_Task to carry out_. Exactly the lines from the start of the data through the line containing "-- rules of" should be output, with both ends kept and nothing added.

━━━ Given records ━━━

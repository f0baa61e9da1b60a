-- ===== src/Schema/Prepare.antt =====
-- src/schema.rs: `prepare_request`, from a request to what is executed. Parameters are the parser, the
-- rules of the validation, and the hooks of the extensions: what they make of the request, of the
-- result of parsing, and of the result of the validation.
pub mod Chosen
pub mod Executed
pub mod Selects
pub mod Correct
mod Tests
use mathlib.Core.Option
use async_graphql.Prelude.{
  ℕ, List, [], ◌∷◌, ◌++◌, map, Text, codes, text_eq, Option, none, some, Result, ok, err, ◌>>=◌,
  if◌then◌else◌,
}
use async_graphql.Value.{ConstValue}
use async_graphql.Document.{OperationDefinition, FragmentDefinition, ExecutableDocument}
use async_graphql.Schema.Limits.{ServerError, check_limits}
use async_graphql.Schema.Skips.{remove_skipped_selection}

pub record Request (Number : Type 0) : Type 0 where
  pub query : Text
  pub operation_name : Option Text
  pub variables : List (Text × ConstValue Number)
  pub parsed_query : Option (ExecutableDocument Number)

-- What is made for the execution (`QueryEnvInner`), with the result of the validation.
pub record QueryEnv (Number Validation : Type 0) : Type 0 where
  pub variables : List (Text × ConstValue Number)
  pub operation_name : Option Text
  pub operation : OperationDefinition Number
  pub fragments : List (Text × FragmentDefinition Number)
  pub validation : Validation

-- "Unknown operation named \"{}\""
unfoldable pub unknown_operation : Text → ServerError
unknown_operation name = record {
  message = codes "Unknown operation named " ++ b'"' ∷ name ++ b'"' ∷ [];
  location = none;
}

abbrev pub operation_name_required : ServerError
operation_name_required = record {
  message = codes "Operation name required in request.";
  location = none;
}

module _ {Number : Type 0} where
  -- `operations.remove(operation_name)`: the operation without a name is none of the map.
  unfoldable pub find_operation :
      Text → List (Option Text × OperationDefinition Number) → Option (OperationDefinition Number)
  unfolding text_eq
  find_operation name [] = none
  find_operation name ((none, operation) ∷ operations) = find_operation name operations
  find_operation name ((some n, operation) ∷ operations) =
      if text_eq n name then some operation else find_operation name operations

  -- The operation to execute, with its name.
  unfoldable pub select_operation :
      Option Text
      → List (Option Text × OperationDefinition Number)
      → Result (List ServerError) (Option Text × OperationDefinition Number)
  unfolding find_operation unknown_operation
  select_operation (some name) operations = elim (find_operation name operations) [
    | none ↦ err (unknown_operation name ∷ [])
    | some operation ↦ ok (some name, operation)
  ]
  select_operation none ((name, operation) ∷ []) = ok (name, operation)
  select_operation none operations = err (operation_name_required ∷ [])

  -- The loop over the fragments, which loses what is skipped.
  unfoldable pub skip_fragments :
      List (Text × ConstValue Number)
      → List (Text × FragmentDefinition Number)
      → List (Text × FragmentDefinition Number)
  unfolding remove_skipped_selection
  skip_fragments variables =
      map (λ p. (p.0, record p.1 { set = remove_skipped_selection variables p.1.set }))

  -- What is executed of a document.
  unfoldable pub query_env :
      {Validation : Type 0}
      → Request Number
      → ExecutableDocument Number
      → Validation
      → Option Text × OperationDefinition Number
      → QueryEnv Number Validation
  unfolding skip_fragments remove_skipped_selection
  query_env request doc validation chosen = record {
    variables = request.variables;
    operation_name = chosen.0;
    operation = record chosen.1 { set = remove_skipped_selection request.variables chosen.1.set };
    fragments = skip_fragments request.variables doc.fragments;
    validation = validation;
  }

-- What `prepare_request` calls. Each hook of the extensions has the result of what it is around.
pub record Outside (Number Validation : Type 0) : Type 0 where
  pub prepare : Request Number → Result (List ServerError) (Request Number)
  pub parse_query : Text → Result ServerError (ExecutableDocument Number)
  pub check_rules :
      ExecutableDocument Number
      → List (Text × ConstValue Number)
      → Result (List ServerError) Validation
  pub around_parse :
      Text
      → List (Text × ConstValue Number)
      → Result ServerError (ExecutableDocument Number)
      → Result ServerError (ExecutableDocument Number)
  pub around_validation :
      Result (List ServerError) Validation → Result (List ServerError) Validation

module _ {Number Validation : Type 0} (outside : Outside Number Validation) where
  -- The document that came with the request, or that of its text.
  unfoldable pub document_of : Request Number → Result ServerError (ExecutableDocument Number)
  document_of request = elim (request.parsed_query) [
    | some doc ↦ ok doc
    | none ↦ outside.parse_query request.query
  ]

  -- From where there is a document.
  unfoldable pub after_parse :
      Request Number
      → ExecutableDocument Number
      → Result (List ServerError) (QueryEnv Number Validation)
  unfolding select_operation query_env
  after_parse request doc =
      outside.around_validation (outside.check_rules doc request.variables) >>= λ validation.
      select_operation request.operation_name doc.operations >>= λ chosen.
      ok (query_env request doc validation chosen)

  -- The hook around the parser, with what comes after it.
  unfoldable pub with_parsed :
      Request Number
      → Result ServerError (ExecutableDocument Number)
      → Result (List ServerError) (QueryEnv Number Validation)
  unfolding after_parse
  with_parsed request parsed = elim (outside.around_parse request.query request.variables parsed) [
    | err e ↦ err (e ∷ [])
    | ok doc ↦ after_parse request doc
  ]

  module _ (recursive_depth : ℕ) (max_directives : Option ℕ) where
    -- `fut_parse`: the document, with the checks of the limits. `none` is too little fuel.
    unfoldable pub parse_document :
        Request Number → Option (Result ServerError (ExecutableDocument Number))
    unfolding document_of check_limits
    parse_document request = elim (document_of request) [
      | err e ↦ some (err e)
      | ok doc ↦
          Option.map (λ checked. checked >>= λ done. ok doc)
            (check_limits doc recursive_depth max_directives)
    ]

    unfoldable pub prepare_request :
        Request Number → Option (Result (List ServerError) (QueryEnv Number Validation))
    unfolding parse_document with_parsed
    prepare_request request = elim (outside.prepare request) [
      | err es ↦ some (err es)
      | ok request' ↦ Option.map (with_parsed request') (parse_document request')
    ]
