-- ===== src/Schema/Prepare/Chosen.antt =====
-- Which operation of a document `prepare_request` of src/schema.rs executes.
use async_graphql.Prelude.{
  List, [], ◌∷◌, Text, text_eq, text_eq_iff, text_eq_refl, false, Option, none, some, ◌≡◌, ◌≢◌,
  refl, sym, ◌∙◌, ap, ◌↔◌, Result, ok, err, ok-injective, some-injective, arith, Bool-cases, inl,
  inr, subst, Option-cases,
}
use async_graphql.Document.{OperationDefinition}
use async_graphql.Schema.Limits.{ServerError}
use async_graphql.Schema.Prepare.{find_operation, select_operation, unknown_operation}

module _ {Number : Type 0} where
  -- The first operation of a name; in the program's map there is no other.
  pub data Named (name : Text) (operation : OperationDefinition Number)
      : List (Option Text × OperationDefinition Number) → Type 0 where
    here :
        {rest : List (Option Text × OperationDefinition Number)}
        → Named name operation ((some name, operation) ∷ rest)
    there :
        {other : Option Text × OperationDefinition Number}
        {rest : List (Option Text × OperationDefinition Number)}
        → other.0 ≢ some name
        → Named name operation rest
        → Named name operation (other ∷ rest)

  -- The operation that a request asks for: the one of the name that it gives, and without a name the
  -- only one.
  pub data Chosen (operations : List (Option Text × OperationDefinition Number))
      : Option Text → Option Text × OperationDefinition Number → Type 0 where
    by_name :
        {name : Text} {operation : OperationDefinition Number}
        → Named name operation operations
        → Chosen operations (some name) (some name, operation)
    the_only :
        {chosen : Option Text × OperationDefinition Number}
        → operations ≡ chosen ∷ []
        → Chosen operations none chosen

  find_operation-Named :
      (name : Text) (operations : List (Option Text × OperationDefinition Number))
      → (operation : OperationDefinition Number) → find_operation name operations ≡ some operation
      → Named name operation operations
  unfolding find_operation
  find_operation-Named name [] operation e = cc
  find_operation-Named name ((none, first) ∷ rest) operation e =
      there (λ same. cc) (find_operation-Named name rest operation e)
  find_operation-Named name ((some n, first) ∷ rest) operation e =
      elim (Bool-cases (text_eq n name)) [
        | inl agree ↦
            let found : find_operation name ((some n, first) ∷ rest) ≡ some first =
              rw (agree, find_operation) refl in
            subst (λ o. Named name o ((some n, first) ∷ rest))
              (some-injective first operation (sym found ∙ e))
              (subst (λ m. Named m first ((some n, first) ∷ rest)) ((text_eq_iff n name).0 agree)
                here)
        | inr differ ↦
            let passed_by : find_operation name ((some n, first) ∷ rest)
                ≡ find_operation name rest =
              rw (differ, find_operation) refl in
            there (λ same. differs n name differ (some-injective n name same))
              (find_operation-Named name rest operation (sym passed_by ∙ e))
      ]
    where
      differs : (a b : Text) → text_eq a b ≡ false → a ≡ b → ⊥
      differs a b e same = ground (arith, (text_eq_iff a b).1 same)

  Named-find_operation :
      (name : Text) (operations : List (Option Text × OperationDefinition Number))
      → (operation : OperationDefinition Number) → Named name operation operations
      → find_operation name operations ≡ some operation
  unfolding find_operation
  Named-find_operation name [] operation named = elim named [ ]
  Named-find_operation name ((some n, first) ∷ rest) operation here =
      rw (text_eq_refl name, find_operation) refl
  Named-find_operation name ((none, first) ∷ rest) operation (there ne later) =
      Named-find_operation name rest operation later
  Named-find_operation name ((some n, first) ∷ rest) operation (there ne later) =
      elim (Bool-cases (text_eq n name)) [
        | inl agree ↦ elim (ne (ap some ((text_eq_iff n name).0 agree))) [ ]
        | inr differ ↦ rw (differ, find_operation) (Named-find_operation name rest operation later)
      ]

  select_operation_sound :
      (name : Option Text) (operations : List (Option Text × OperationDefinition Number))
      → (chosen : Option Text × OperationDefinition Number)
      → select_operation name operations ≡ ok chosen
      → Chosen operations name chosen
  unfolding select_operation
  select_operation_sound none [] chosen h = cc
  select_operation_sound none (first ∷ []) chosen h = the_only (ap (λ c. c ∷ []) (ok-injective h))
  select_operation_sound none (first ∷ second ∷ rest) chosen h = cc
  select_operation_sound (some name) operations chosen h =
      elim (Option-cases (find_operation name operations)) [
        | inl e ↦ refused (sym (rw (e, select_operation) refl) ∙ h)
        | inr (operation, e) ↦
            let found : select_operation (some name) operations ≡ ok (some name, operation) =
              rw (e, select_operation) refl in
            subst (Chosen operations (some name)) (ok-injective (sym found ∙ h))
              (by_name (find_operation-Named name operations operation e))
      ]
    where
      refused :
          Path
            (Result (List ServerError) (Option Text × OperationDefinition Number))
            (err (unknown_operation name ∷ []))
            (ok chosen)
          → Chosen operations (some name) chosen
      refused e = cc

  select_operation_complete :
      (name : Option Text) (operations : List (Option Text × OperationDefinition Number))
      → (chosen : Option Text × OperationDefinition Number) → Chosen operations name chosen
      → select_operation name operations ≡ ok chosen
  unfolding select_operation
  select_operation_complete none operations chosen (the_only e) = rw e refl
  select_operation_complete (some name) operations (n, operation) (by_name named) =
      rw (Named-find_operation name operations operation named, select_operation) refl

  -- An operation is selected exactly if it is the one that the request asks for.
  pub select_operation-Chosen :
      (name : Option Text) (operations : List (Option Text × OperationDefinition Number))
      → (chosen : Option Text × OperationDefinition Number)
      → (select_operation name operations ≡ ok chosen) ↔ Chosen operations name chosen
  select_operation-Chosen name operations chosen = (
    select_operation_sound name operations chosen,
    select_operation_complete name operations chosen,
  )
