-- ===== src/Schema/Skips/Excluded.antt =====
-- When `@skip` and `@include` exclude a selection, by the rules of the specification, and the lookups
-- of src/schema.rs that find it out.
use mathlib.Core.List.{Memᴰ}
use async_graphql.Prelude.{
  List, [], ◌∷◌, Text, codes, text_discrete, text_eq, text_eq_iff, true, false, none, some,
  some-injective, ◌≡◌, ◌≢◌, refl, sym, ◌∙◌, ap, inl, inr, get, arith, Bool-cases, Option-cases,
  Result-cases,
}
use async_graphql.Value.{
  ConstValue, Value, ValueList, ValueMap, into_const_with, into_const_items, into_const_entries,
}
use async_graphql.Document.{Argument, Directive, find_argument}
use async_graphql.Schema.Skips.{look_up, parse_bool, condition_value}

-- The value of the first argument of a name.
pub data FirstArgument {Number : Type 0} (name : Text) (value : Value Number)
    : List (Argument Number) → Type 0 where
  here :
      {argument : Argument Number} {arguments : List (Argument Number)}
      → argument.name ≡ name
      → argument.value ≡ value
      → FirstArgument name value (argument ∷ arguments)
  there :
      {argument : Argument Number} {arguments : List (Argument Number)}
      → argument.name ≢ name
      → FirstArgument name value arguments
      → FirstArgument name value (argument ∷ arguments)

-- A condition that is true: written out, or the value that the request gives to a variable.
pub data Truth {Number : Type 0} (variables : List (Text × ConstValue Number))
    : Value Number → Type 0 where
  literal : Truth variables (Value.boolean true)
  bound :
      {name : Text}
      → get text_discrete name variables ≡ some (ConstValue.boolean true)
      → Truth variables (Value.variable name)

-- A directive that excludes what carries it: `@skip` with a true condition, or `@include` with one
-- that is not true.
pub data Excludes {Number : Type 0} (variables : List (Text × ConstValue Number))
    (directive : Directive Number) : Type 0 where
  skips :
      {condition : Value Number}
      → directive.name ≡ codes "skip"
      → FirstArgument (codes "if") condition directive.arguments
      → Truth variables condition
      → Excludes variables directive
  includes_not :
      {condition : Value Number}
      → directive.name ≡ codes "include"
      → FirstArgument (codes "if") condition directive.arguments
      → ¬ Truth variables condition
      → Excludes variables directive

abbrev pub Excluded :
    {Number : Type 0} → List (Text × ConstValue Number) → List (Directive Number) → Type 0
Excluded {Number} variables directives =
    (directive : Directive Number) × Memᴰ directive directives × Excludes variables directive

pub text_ne : (a b : Text) → a ≢ b → text_eq a b ≡ false
text_ne a b ne = elim (Bool-cases (text_eq a b)) [
  | inl e ↦ absurd (ne ((text_eq_iff a b).0 e))
  | inr e ↦ e
]

text_eq-ne : (a b : Text) → text_eq a b ≡ false → a ≢ b
text_eq-ne a b e same = ground (arith, (text_eq_iff a b).1 same)

module _ {Number : Type 0} where
  pub FirstArgument-find_argument :
      (name : Text) (value : Value Number) (arguments : List (Argument Number))
      → FirstArgument name value arguments
      → find_argument name arguments ≡ some value
  unfolding find_argument
  FirstArgument-find_argument name value [] first = elim first [ ]
  FirstArgument-find_argument name value (argument ∷ arguments) (here e e') =
      rw ((text_eq_iff argument.name name).1 e, find_argument) (ap some e')
  FirstArgument-find_argument name value (argument ∷ arguments) (there ne first) =
      rw (text_ne argument.name name ne, find_argument)
        (FirstArgument-find_argument name value arguments first)

  pub find_argument-FirstArgument :
      (name : Text) (value : Value Number) (arguments : List (Argument Number))
      → find_argument name arguments ≡ some value
      → FirstArgument name value arguments
  unfolding find_argument
  find_argument-FirstArgument name value [] e = cc
  find_argument-FirstArgument name value (argument ∷ arguments) e =
      elim (Bool-cases (text_eq argument.name name)) [
        | inl agree ↦
            let found : find_argument name (argument ∷ arguments) ≡ some argument.value =
              rw (agree, find_argument) refl in
            here ((text_eq_iff argument.name name).0 agree)
              (some-injective argument.value value (sym found ∙ e))
        | inr differ ↦
            let passed_by : find_argument name (argument ∷ arguments)
                ≡ find_argument name arguments =
              rw (differ, find_argument) refl in
            there (text_eq-ne argument.name name differ)
              (find_argument-FirstArgument name value arguments (sym passed_by ∙ e))
      ]

  module _ (variables : List (Text × ConstValue Number)) where
    parse_bool-eq-true :
        (value : ConstValue Number) → parse_bool value ≡ true → value ≡ ConstValue.boolean true
    unfolding parse_bool
    parse_bool-eq-true (ConstValue.boolean true) h = refl
    parse_bool-eq-true (ConstValue.boolean false) h = cc
    parse_bool-eq-true ConstValue.null h = cc
    parse_bool-eq-true (ConstValue.number n) h = cc
    parse_bool-eq-true (ConstValue.string s) h = cc
    parse_bool-eq-true (ConstValue.binary bytes) h = cc
    parse_bool-eq-true (ConstValue.enum v) h = cc
    parse_bool-eq-true (ConstValue.list items) h = cc
    parse_bool-eq-true (ConstValue.object map) h = cc

    list_false : (items : ValueList Number) → condition_value variables (Value.list items) ≡ false
    unfolding condition_value into_const_with parse_bool
    list_false items = elim (Result-cases (into_const_items (look_up variables) items)) [
      | inl (values, e) ↦ rw (e, condition_value) refl
      | inr (error, e) ↦ rw (e, condition_value) refl
    ]

    object_false : (map : ValueMap Number) → condition_value variables (Value.object map) ≡ false
    unfolding condition_value into_const_with parse_bool
    object_false map = elim (Result-cases (into_const_entries (look_up variables) map)) [
      | inl (values, e) ↦ rw (e, condition_value) refl
      | inr (error, e) ↦ rw (e, condition_value) refl
    ]

    pub condition_value-Truth :
        (condition : Value Number)
        → condition_value variables condition ≡ true
        → Truth variables condition
    unfolding condition_value into_const_with look_up parse_bool
    condition_value-Truth (Value.variable name) h =
        elim (Option-cases (get text_discrete name variables)) [
          | inl e ↦ absurd (missing e)
          | inr (value, e) ↦
              bound (e ∙ ap some (parse_bool-eq-true value (sym (known value e) ∙ h)))
        ]
      where
        missing : get text_discrete name variables ≡ none → ⊥
        missing e = ground (arith, e)

        known :
            (value : ConstValue Number)
            → get text_discrete name variables ≡ some value
            → condition_value variables (Value.variable name) ≡ parse_bool value
        known value e = rw (e, condition_value) refl
    condition_value-Truth (Value.boolean true) h = literal
    condition_value-Truth (Value.boolean false) h = cc
    condition_value-Truth Value.null h = cc
    condition_value-Truth (Value.number n) h = cc
    condition_value-Truth (Value.string s) h = cc
    condition_value-Truth (Value.binary bytes) h = cc
    condition_value-Truth (Value.enum v) h = cc
    condition_value-Truth (Value.list items) h = cc (list_false items)
    condition_value-Truth (Value.object map) h = cc (object_false map)

    pub Truth-condition_value :
        (condition : Value Number)
        → Truth variables condition
        → condition_value variables condition ≡ true
    unfolding condition_value into_const_with look_up parse_bool
    Truth-condition_value condition literal = refl
    Truth-condition_value condition (bound e) = rw (e, condition_value) refl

━━━

_Answer_.
repository f0baa61e9da1b60a
-- ===== src/Schema/Prepare.antt =====
-- src/schema.rs: `prepare_request`, from a request to what is executed. Parameters are the parser, the
-- rules of the validation, and the hooks of the extensions: what they make of the request, of the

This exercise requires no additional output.